Community Requests for Account Suspensions (1 of 3)

[This document will be published in three parts, such that Part 1 can be referenced in future conversations, Part 2 deals with a very specific set of account concerns, and Part 3 addresses some long form questions posted to the moderators on Tŵt.]

Part 1 of 3: Background and context on Tŵt Cymru moderation goals and policies.

“Tŵt is the community-led microblogging network for Wales and the Welsh, at home and abroad.”

This is the founding statement for Tŵt, an instance of Mastodon. Mastodon is

“a free and open-source self-hosted social networking service. It allows anyone to host their own server node in the network, and its various separately operated user bases are federated across many different servers. Each operating server has its own code of conduct, terms of service, and moderation policies. This differs from centrally hosted social networks by allowing users to choose a specific server which has policies they agree with, or to leave a server that has policies they disagree with, without losing access to Mastodon's social network.”

https://en.wikipedia.org/w/index.php?title=Mastodon_(software)&oldid=985854334

In recent weeks, one account on the toot.wales instance of Mastodon has received a report submitted by a fellow user of the service, a community member. Reports are a built-in feature of Mastodon that allow individual members to signal to the server operator that a particular toot or account is in contravention of the server policies, and this then establishes an audit trail for actions taken by moderation staff. Due to the federated nature of the content, this report can be “remote” – a report made by a user of a different server that is seeking to stop that content from coming in to that server; or “local”, a report made by an account on the same server as the offending account.

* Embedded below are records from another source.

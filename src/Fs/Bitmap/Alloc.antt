-- ===== src/Fs/Bitmap/Alloc.antt =====
-- The allocation of bits: bitmap_alloc, bitmap_mark and bitmap_unmark on a well-formed bitmap.
use native.Mathlib.Nat.{zero-add}
use mathlib.Core.Path.{subst}
use ece344_os.Prelude.{
  ℕ, zero, suc, ◌+◌, ◌-◌, ◌*◌, ◌/◌, ◌%◌, ◌^◌, ◌≤◌, ◌<◌, bit_and, bit_or, ◌≡◌, ◌≢◌, refl, inl, inr,
  true, false, not, ◌&&◌, ◌||◌, arith, ltb, ◌==◌, Option, none, some, Bool-cases, upd, sym, lt→ltb,
  ==_iff,
}
use ece344_os.Fs.Errno.{Ret, num, err, enospc}
use ece344_os.Fs.Bitmap.{
  Bitmap, word_allbits, mask_of, divroundup, take_bit, alloc_from, alloc, isset, mark, unmark,
}
use ece344_os.Fs.Bitmap.Words.{
  bit, bit-set, bit-clear, set-lt, clear-lt, full_of_bits, bit-allbits, Scan, full, found,
  free_offset-Scan,
}

-- Every byte is a byte, the size leaves room to round up, and the bits past the end are set.
pub record IsValid (b : Bitmap) : Type 0 where
  pub bytes : (ix : ℕ) → b.v ix < 256
  pub small : b.nbits + 7 < 2 ^ 32
  pub over : (i : ℕ) → b.nbits ≤ i → i < divroundup b.nbits 8 * 8 → isset b i ≡ true

pub isset-bit : (b : Bitmap) (i : ℕ) → isset b i ≡ bit (b.v (i / 8)) (i % 8)
unfolding isset bit
isset-bit b i = refl

abbrev pub with_bit : Bitmap → ℕ → Bitmap
with_bit b i = record b { v = upd b.v (i / 8) (bit_or (b.v (i / 8)) (mask_of (i % 8))) }

abbrev pub without_bit : Bitmap → ℕ → Bitmap
without_bit b i = record b {
  v = upd b.v (i / 8) (bit_and (b.v (i / 8)) (word_allbits - mask_of (i % 8)));
}

pub isset-with_bit :
    (b : Bitmap) (i j : ℕ) → b.v (i / 8) < 256 → isset (with_bit b i) j ≡ (j == i || isset b j)
isset-with_bit b i j h = ground (
  arith,
  isset-bit (with_bit b i) j,
  isset-bit b j,
  bit-set (b.v (i / 8)) (i % 8) (j % 8) h (omega arith) (omega arith),
)

pub isset-without_bit :
    (b : Bitmap) (i j : ℕ)
    → b.v (i / 8) < 256
    → isset (without_bit b i) j ≡ (not (j == i) && isset b j)
isset-without_bit b i j h = ground (
  arith,
  isset-bit (without_bit b i) j,
  isset-bit b j,
  bit-clear (b.v (i / 8)) (i % 8) (j % 8) h (omega arith) (omega arith),
)

isset_at : (b : Bitmap) (ix o : ℕ) → o < 8 → isset b (ix * 8 + o) ≡ bit (b.v ix) o
isset_at b ix o h =
    let e : (ix * 8 + o) / 8 ≡ ix = omega arith in
    let f : (ix * 8 + o) % 8 ≡ o = omega arith in rw (isset-bit b (ix * 8 + o), e, f)

-- A byte's bits are the bits of its range.
isset_in :
    (b : Bitmap) (ix n : ℕ)
    → n ≤ 8
    → ((o : ℕ) → o < n → bit (b.v ix) o ≡ true)
    → (i : ℕ) → ix * 8 ≤ i
    → i < ix * 8 + n
    → isset b i ≡ true
isset_in b ix n hn h i lo hi =
    let e : i ≡ ix * 8 + (i - ix * 8) = omega arith in
    rw (e, isset_at b ix (i - ix * 8) (omega arith)) (h (i - ix * 8) (omega arith))

-- What the search of bitmap_alloc over the bits from `lo` up to `hi` returns.
data Search (b : Bitmap) (lo hi : ℕ) : Option (Ret × Bitmap) → Type 0 where
  none_free : ((i : ℕ) → lo ≤ i → i < hi → isset b i ≡ true) → Search b lo hi (some (err enospc, b))
  free_at :
      (i : ℕ)
      → lo ≤ i
      → i < hi
      → isset b i ≡ false
      → ((j : ℕ) → lo ≤ j → j < i → isset b j ≡ true)
      → Search b lo hi (some (num i, with_bit b i))

join :
    (b : Bitmap) (lo mid hi : ℕ)
    → ((i : ℕ) → lo ≤ i → i < mid → isset b i ≡ true)
    → ((i : ℕ) → mid ≤ i → i < hi → isset b i ≡ true)
    → (i : ℕ) → lo ≤ i
    → i < hi
    → isset b i ≡ true
join b lo mid hi h k i l r = elim (Bool-cases (ltb i mid)) [
  | inl e ↦ h i l (ground arith)
  | inr e ↦ k i (ground arith) r
]

Search-skip :
    (b : Bitmap) (lo mid hi : ℕ) {r : Option (Ret × Bitmap)}
    → lo ≤ mid
    → ((i : ℕ) → lo ≤ i → i < mid → isset b i ≡ true)
    → Search b mid hi r
    → Search b lo hi r
Search-skip b lo mid hi m h (none_free k) = none_free (join b lo mid hi h k)
Search-skip b lo mid hi m h (free_at i l r c k) = free_at i (omega arith) r c (join b lo mid i h k)

take_bit-some :
    (b : Bitmap) (ix o : ℕ)
    → o < 8
    → ix * 8 + o < 2 ^ 32
    → ix * 8 + o < b.nbits
    → take_bit b ix (some o) ≡ some (num (ix * 8 + o), with_bit b (ix * 8 + o))
unfolding take_bit
take_bit-some b ix o ho hs hi =
    let e : (ix * 8 + o) / 8 ≡ ix = omega arith in
    let f : (ix * 8 + o) % 8 ≡ o = omega arith in
    let g : (ix * 8 + o) % 2 ^ 32 ≡ ix * 8 + o = omega arith in rw (e, f, g, lt→ltb _ _ hi)

take_bit-Search :
    (b : Bitmap) (ix hi : ℕ) (r : Option ℕ)
    → IsValid b
    → hi ≤ divroundup b.nbits 8 * 8
    → hi < 2 ^ 32
    → ix * 8 + 8 ≤ hi
    → (b.v ix == word_allbits) ≡ false
    → Scan (b.v ix) 0 8 r
    → Search b (ix * 8) hi (take_bit b ix r)
unfolding take_bit
take_bit-Search b ix hi none v hw hs hh ne (full h) =
    let e : (b.v ix == word_allbits) ≡ true =
      full_of_bits (b.v ix) (v.bytes ix) (λ i hi. rw zero-add at (h i hi)) in
    cc
take_bit-Search b ix hi (some o) v hw hs hh ne (found k _ e hk hc h) =
    subst (Search b (ix * 8) hi) (sym (take_bit-some b ix o (omega arith) (omega arith) inside)) (
      free_at (ix * 8 + o) (omega arith) (omega arith) clear
        (isset_in b ix o (omega arith) (λ i hi. rw zero-add at (h i (omega arith)))))
  where
    clear : isset b (ix * 8 + o) ≡ false
    clear = rw (isset_at b ix o (omega arith)) hc

    inside : ix * 8 + o < b.nbits
    inside = elim (Bool-cases (ltb (ix * 8 + o) b.nbits)) [
      | inl e ↦ ground arith
      | inr n ↦ absurd (let t = v.over (ix * 8 + o) (ground arith) (omega arith) in cc clear)
    ]

alloc_from-Search :
    (n ix : ℕ) (b : Bitmap)
    → IsValid b
    → (ix + n) * 8 ≡ divroundup b.nbits 8 * 8
    → divroundup b.nbits 8 * 8 < 2 ^ 32
    → Search b (ix * 8) (divroundup b.nbits 8 * 8) (alloc_from n ix b)
unfolding alloc_from
alloc_from-Search zero ix b v e s = none_free (λ i l r. absurd (omega arith))
alloc_from-Search (suc n) ix b v e s = elim (Bool-cases (b.v ix == word_allbits)) [
  | inl t ↦ rw t (
      Search-skip b (ix * 8) ((ix + 1) * 8) _ (omega arith)
        (λ i l r. isset_in b ix 8 (omega arith) (all_set t) i l (omega arith))
        (alloc_from-Search n (ix + 1) b v (omega arith) s))
  | inr f ↦
      rw f
        (take_bit-Search b ix _ _ v (omega arith) s (omega arith) f (free_offset-Scan 8 0 (b.v ix)))
]
  where
    all_set : (b.v ix == word_allbits) ≡ true → (o : ℕ) → o < 8 → bit (b.v ix) o ≡ true
    all_set t o ho = let e : b.v ix ≡ word_allbits = (==_iff _ _).0 t in rw e (bit-allbits o ho)

words-covers : (n : ℕ) → n + 7 < 2 ^ 32 → n ≤ divroundup n 8 * 8
unfolding divroundup
words-covers n h = omega arith

words-small : (n : ℕ) → n + 7 < 2 ^ 32 → divroundup n 8 * 8 < 2 ^ 32
unfolding divroundup
words-small n h = omega arith

pub with_bit-IsValid : (b : Bitmap) (i : ℕ) → IsValid b → IsValid (with_bit b i)
with_bit-IsValid b i v = record {
  bytes = λ ix. ground (arith, v.bytes ix, set-lt (b.v (i / 8)) (i % 8) (v.bytes (i / 8)));
  small = v.small;
  over = λ j lo hi. ground (arith, isset-with_bit b i j (v.bytes (i / 8)), v.over j lo hi);
}

pub without_bit-IsValid : (b : Bitmap) (i : ℕ) → i < b.nbits → IsValid b → IsValid (without_bit b i)
without_bit-IsValid b i h v = record {
  bytes = λ ix. ground (arith, v.bytes ix, clear-lt (b.v (i / 8)) (i % 8) (v.bytes (i / 8)));
  small = v.small;
  over = λ j lo hi. ground (arith, isset-without_bit b i j (v.bytes (i / 8)), v.over j lo hi);
}

-- What bitmap_alloc may do to `b`: refuse, with every bit in use, or take the lowest clear bit.
pub data Allocates (b : Bitmap) : Option (Ret × Bitmap) → Type 0 where
  full_up : ((i : ℕ) → i < b.nbits → isset b i ≡ true) → Allocates b (some (err enospc, b))
  taken :
      (i : ℕ) (b' : Bitmap)
      → i < b.nbits
      → isset b i ≡ false
      → ((j : ℕ) → j < i → isset b j ≡ true)
      → b'.nbits ≡ b.nbits
      → ((j : ℕ) → isset b' j ≡ (j == i || isset b j))
      → ((k : ℕ) → k ≢ i / 8 → b'.v k ≡ b.v k)
      → IsValid b'
      → Allocates b (some (num i, b'))

Search-Allocates :
    (b : Bitmap) (r : Option (Ret × Bitmap))
    → IsValid b
    → Search b 0 (divroundup b.nbits 8 * 8) r
    → Allocates b r
Search-Allocates b _ v (none_free h) =
    full_up (λ i hi. h i (omega arith) (omega (arith, words-covers b.nbits v.small)))
Search-Allocates b _ v (free_at i l r c h) =
    taken i (with_bit b i) inside c (λ j hj. h j (omega arith) hj) refl
      (λ j. isset-with_bit b i j (v.bytes (i / 8))) (λ k ne. ground arith) (with_bit-IsValid b i v)
  where
    inside : i < b.nbits
    inside = elim (Bool-cases (ltb i b.nbits)) [
      | inl e ↦ ground arith
      | inr n ↦ absurd (let t = v.over i (ground arith) r in cc)
    ]

-- On a well-formed bitmap bitmap_alloc never fails an assert. It returns -ENOSPC and changes
-- nothing when each of the nbits bits is set; otherwise it returns the lowest clear bit, sets that
-- bit and no other, and leaves the bitmap well-formed.
pub alloc-Allocates : (b : Bitmap) → IsValid b → Allocates b (alloc b)
unfolding alloc
alloc-Allocates b v =
    Search-Allocates b _ v
      (alloc_from-Search (divroundup b.nbits 8) 0 b v (omega arith) (words-small b.nbits v.small))

pub mark-eq :
    (b : Bitmap) (i : ℕ) → i < b.nbits → isset b i ≡ false → mark b i ≡ some (with_bit b i)
unfolding mark isset
mark-eq b i h c = ground arith

pub unmark-eq :
    (b : Bitmap) (i : ℕ) → i < b.nbits → isset b i ≡ true → unmark b i ≡ some (without_bit b i)
unfolding unmark isset
unmark-eq b i h c = ground arith

-- Marking a clear bit below nbits and unmarking it again succeeds on a well-formed bitmap, and
-- leaves every bit as it was.
pub unmark-mark :
    (b : Bitmap) (i : ℕ)
    → IsValid b
    → i < b.nbits
    → isset b i ≡ false
    → (b₁ b₂ : Bitmap) × (mark b i ≡ some b₁)
      × (isset b₁ i ≡ true)
      × (unmark b₁ i ≡ some b₂)
      × ((j : ℕ) → isset b₂ j ≡ isset b j)
unmark-mark b i v h c =
    let on = isset-with_bit b i i (v.bytes (i / 8)) in
    let w = with_bit-IsValid b i v in
    (
      with_bit b i,
      without_bit (with_bit b i) i,
      mark-eq b i h c,
      ground arith,
      unmark-eq (with_bit b i) i h (ground arith),
      λ j. ground (
        arith,
        isset-without_bit (with_bit b i) i j (w.bytes (i / 8)),
        isset-with_bit b i j (v.bytes (i / 8)),
        c,
      ),
    )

In both cases, the members with moderator privileges are then able to review the report and act upon it, with generally four possible outcomes: do nothing, warn the user, silence the user, suspend the user.

Before I dig into the particular account in question, the report our staff received, and the community responses to our handling of the report, I’d like to lay out some context for why toot.wales exists, why it’s on Mastodon, and why I am enthusiastic about having this sort of problem to deal with.

***

My name is Jaz-Michael King. Born in Cardiff, Wales, I moved around as a young man to England and France and then on to the United States. I was fortunate to ride the boom of the World Wide Web, and I built a lot of Web sites for a lot of people, including a number of large, successful communities.

Having been homeless at a very young age, the Internet – and the World Wide Web – opened up a world I had never seen or thought I would be privileged to participate in. Opportunities for me to join communities I had never been exposed to, to learn subject matter I otherwise would not have access to, and I took immense joy in the egalitarian nature of a free and open movement founded on open source software.

As a software developer, I contributed where I could to various technologies, and I started a company to empower small businesses to join the Web revolution. I still believe the Internet to be the great equaliser.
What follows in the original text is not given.